Kikito by JR. Photo: EFE
I remember the night, the distance, the endless stretch of hills and valleys between Tijuana and San Diego, which is long. Very long. And it is as treacherous as it is beautiful. It is unlikely that anybody who has ever crossed it will easily forget it. Its desert-like landscape is bound to carve itself equally onto body and soul. Once this turf is trodden, the tiredness, the awe, and the terror experienced along these trails become permanent memories. Some take away a cactus scratch that eventually scars. Others momentarily succumb to the sheer magnitude of the heavens, the number of stars, the depth of night. A few are left behind to join the landscape. I remember that night as my first hike, ever. It was also my first view of such broad sky, my first communion with the infinite. It was probably under pristine and glittering skies like those that Immanuel Kant, bewildered, conceived his mystical dialectic between the starry heavens above, and the moral law within. With no philosophical insight at the time, I was fascinated by that visual mystery, and wanted to stay there and contemplate that fragment of galaxy, maybe even reach out for it. But the coyote had other plans, and we kept pressing forward.
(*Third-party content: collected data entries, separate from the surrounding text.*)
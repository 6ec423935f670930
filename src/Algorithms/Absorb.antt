-- ===== src/Algorithms/Absorb.antt =====
-- crates/hataori-algorithms/src/batch.rs: the outputs against the batches that still owe a reply.
use Prim.Native.String.{String}
use hataori_rs.Prelude.{
  ℕ, ◌+◌, ◌≤◌, ◌<◌, ◌≡◌, ◌≢◌, refl, sym, ◌∙◌, subst, ◌&&◌, Option, none, some, List, [], ◌∷◌, ltb,
  leb, eqb, if◌then◌else◌, length, get_elem?, set, arith, inl, inr, Bool-cases, length-set,
  get_elem?-set_self, get_elem?-set_other, lt-get_elem?,
}
use hataori_rs.Algorithms.Controller.{ItemReply, is_first}

-- Whether a batch has the item of an index.
abbrev pub covers : {A : Type 0} → ℕ → ℕ × List A → ℕ
covers i (start, batch) = if leb start i && ltb i (start + length batch) then 1 else 0

abbrev pub Erred : ℕ → Option (ℕ × String) → Type 0
Erred i none = ⊥
Erred i (some (j, message)) = j ≤ i

abbrev pub Settled : {U : Type 0} → List (Option U) → Option (ℕ × String) → ℕ → ItemReply U → Type 0
Settled outputs first i (ItemReply.item_ok v) = get_elem? outputs i ≡ some (some v)
Settled outputs first i (ItemReply.item_err message) = Erred i first

moved :
    {U : Type 0} (outputs outputs' : List (Option U)) (first first' : Option (ℕ × String)) (i : ℕ)
    (r : ItemReply U)
    → get_elem? outputs' i ≡ get_elem? outputs i
    → (Erred i first → Erred i first')
    → Settled outputs first i r
    → Settled outputs' first' i r
moved outputs outputs' first first' i (ItemReply.item_ok v) e keep s = e ∙ s
moved outputs outputs' first first' i (ItemReply.item_err message) e keep s = keep s

module _ {A U : Type 0} (g : A → ItemReply U) (items : List A) where
  abbrev pub IsFirst : (ℕ → ℕ) → Option (ℕ × String) → Type 0
  IsFirst owed none = Unit
  IsFirst owed (some (j, message)) =
      (x : A) × (get_elem? items j ≡ some x) × (g x ≡ ItemReply.item_err message) × (owed j ≡ 0)

  -- `owed i` batches still owe the item of index `i`; all others are in the outputs or counted in
  -- the first error.
  pub record Tracks (owed : ℕ → ℕ) (outputs : List (Option U)) (first : Option (ℕ × String))
      : Type 0 where
    pub sized : length outputs ≡ length items
    pub once : (i : ℕ) → owed i ≤ 1
    pub open_ : (i : ℕ) → i < length items → 0 < owed i → get_elem? outputs i ≡ some none
    pub settled :
        (i : ℕ) (x : A) → get_elem? items i ≡ some x → owed i ≡ 0 → Settled outputs first i (g x)
    pub lowest : IsFirst owed first

  -- A batch has the items that stand at its place.
  abbrev pub Segment : ℕ → List A → Type 0
  Segment start [] = Unit
  Segment start (x ∷ batch) = (get_elem? items start ≡ some x) × Segment (start + 1) batch

  module _ (owed owed' : ℕ → ℕ) (index : ℕ) (x : A) (outputs : List (Option U))
      (first : Option (ℕ × String)) (v : Tracks owed outputs first)
      (here : get_elem? items index ≡ some x)
      (less : (i : ℕ) → owed i ≡ owed' i + (if eqb index i then 1 else 0)) where
    owed_here : owed' index ≡ 0
    owed_here = ground (arith, less index, v.once index)

    owed_other : (i : ℕ) → index ≢ i → owed i ≡ owed' i
    owed_other i ne = ground (arith, less i)

    still-IsFirst : (o : Option (ℕ × String)) → IsFirst owed o → IsFirst owed' o
    still-IsFirst none h = tt
    still-IsFirst (some (j, message)) (y, at_, bad, paid) = (y, at_, bad, omega (arith, less j))

    pub kept_value :
        (u : U) → g x ≡ ItemReply.item_ok u → Tracks owed' (set outputs index (some u)) first
    kept_value u good = record {
      sized = length-set outputs index (some u) ∙ v.sized;
      once = λ i. omega (arith, v.once i, less i);
      open_ = λ i inside more.
          let apart : index ≢ i =
            λ e. (let q = owed_here in omega (arith, subst (λ k. owed' k ≡ 0) e q)) in
          get_elem?-set_other outputs index i (some u) apart
          ∙ v.open_ i inside (omega (arith, less i));
      settled = λ i y at_ paid. elim (Bool-cases (eqb index i)) [
        | inl same ↦
            let there : index ≡ i = ground arith in
            let again : g y ≡ ItemReply.item_ok u = cc in
            subst (Settled (set outputs index (some u)) first i) (sym again) (
              subst (λ k. get_elem? (set outputs index (some u)) k ≡ some (some u)) there
                (get_elem?-set_self outputs index none (some u) due))
        | inr other ↦
            let apart : index ≢ i = λ e. ground arith in
            moved outputs (set outputs index (some u)) first first i (g y)
              (get_elem?-set_other outputs index i (some u) apart) (λ h. h)
              (v.settled i y at_ (omega (arith, paid, owed_other i apart)))
      ];
      lowest = still-IsFirst first v.lowest;
    }
      where
        due : get_elem? outputs index ≡ some none
        due = v.open_ index (lt-get_elem? items index x here) (ground (arith, less index))

    pub kept_error :
        (message : String) (first' : Option (ℕ × String))
        → g x ≡ ItemReply.item_err message
        → first' ≡ (if is_first index first then some (index, message) else first)
        → Tracks owed' outputs first'
    kept_error message first' bad e = record {
      sized = v.sized;
      once = λ i. omega (arith, v.once i, less i);
      open_ = λ i inside more. v.open_ i inside (omega (arith, less i));
      settled = λ i y at_ paid. elim (Bool-cases (eqb index i)) [
        | inl same ↦
            let there : index ≡ i = ground arith in
            let again : g y ≡ ItemReply.item_err message = cc in
            subst (Settled outputs first' i) (sym again) (reached i there first e)
        | inr other ↦
            let apart : index ≢ i = λ e. ground arith in
            moved outputs outputs first first' i (g y) refl (lower i first e)
              (v.settled i y at_ (omega (arith, paid, owed_other i apart)))
      ];
      lowest = found first e (still-IsFirst first v.lowest);
    }
      where
        reached :
            (i : ℕ)
            → index ≡ i
            → (o : Option (ℕ × String))
            → first' ≡ (if is_first index o then some (index, message) else o)
            → Erred i first'
        reached i there none e = rw e (omega arith)
        reached i there (some (old, text)) e = elim (Bool-cases (ltb index old)) [
          | inl before ↦ rw e (rw before (omega arith))
          | inr after ↦ rw e (rw after (ground arith))
        ]

        lower :
            (i : ℕ) (o : Option (ℕ × String))
            → first' ≡ (if is_first index o then some (index, message) else o)
            → Erred i o
            → Erred i first'
        lower i none e h = absurd h
        lower i (some (old, text)) e h = elim (Bool-cases (ltb index old)) [
          | inl before ↦ rw e (rw before (ground arith))
          | inr after ↦ rw e (rw after h)
        ]

        found :
            (o : Option (ℕ × String))
            → first' ≡ (if is_first index o then some (index, message) else o)
            → IsFirst owed' o
            → IsFirst owed' first'
        found none e h = rw e (x, here, bad, owed_here)
        found (some (old, text)) e h = elim (Bool-cases (ltb index old)) [
          | inl before ↦ rw e (rw before (x, here, bad, owed_here))
          | inr after ↦ rw e (rw after h)
        ]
There is a moment of pause when, from a neighboring hill, a series of lights turns on simultaneously. Some come from trucks parked at ground level. Others descend, flickering rapidly, like a furious shower of shooting stars. They are hunting down a group of unfortunate souls for whom the American Dream has reached a premature end. In my own group, the coyote gesticulates wildly and points to the ground. I land on my stomach and crawl my way into a narrow space between a big rock and a thorny bush. I feel a pointy rock stabbing me right in the stomach. I am panting heavily and fear that my breathing will attract a rattlesnake. And there we hide and wait.
We eventually descend that hill and I am glad to hear to coyote say, “¡Ya estuvo!”, “¡Ya la hicimos!” I share in the collective enthusiasm. People say, “¡Órale!” and “¡Chido!,” and “¡Ya chingamos!,” but I still don’t understand how we have actually made it. This valley looks as deserted as any other we have passed. Reaching the bottom of the next hill, the coyote takes out a flashlight and points it with his commanding right hand. And then I see it, the miracle of this Mexican Moses who promises to deliver us from the Jaguar’s oppression materializes right in front of me─a dark circle opens up ahead, like a surreal toothless mouth threatening to devour us.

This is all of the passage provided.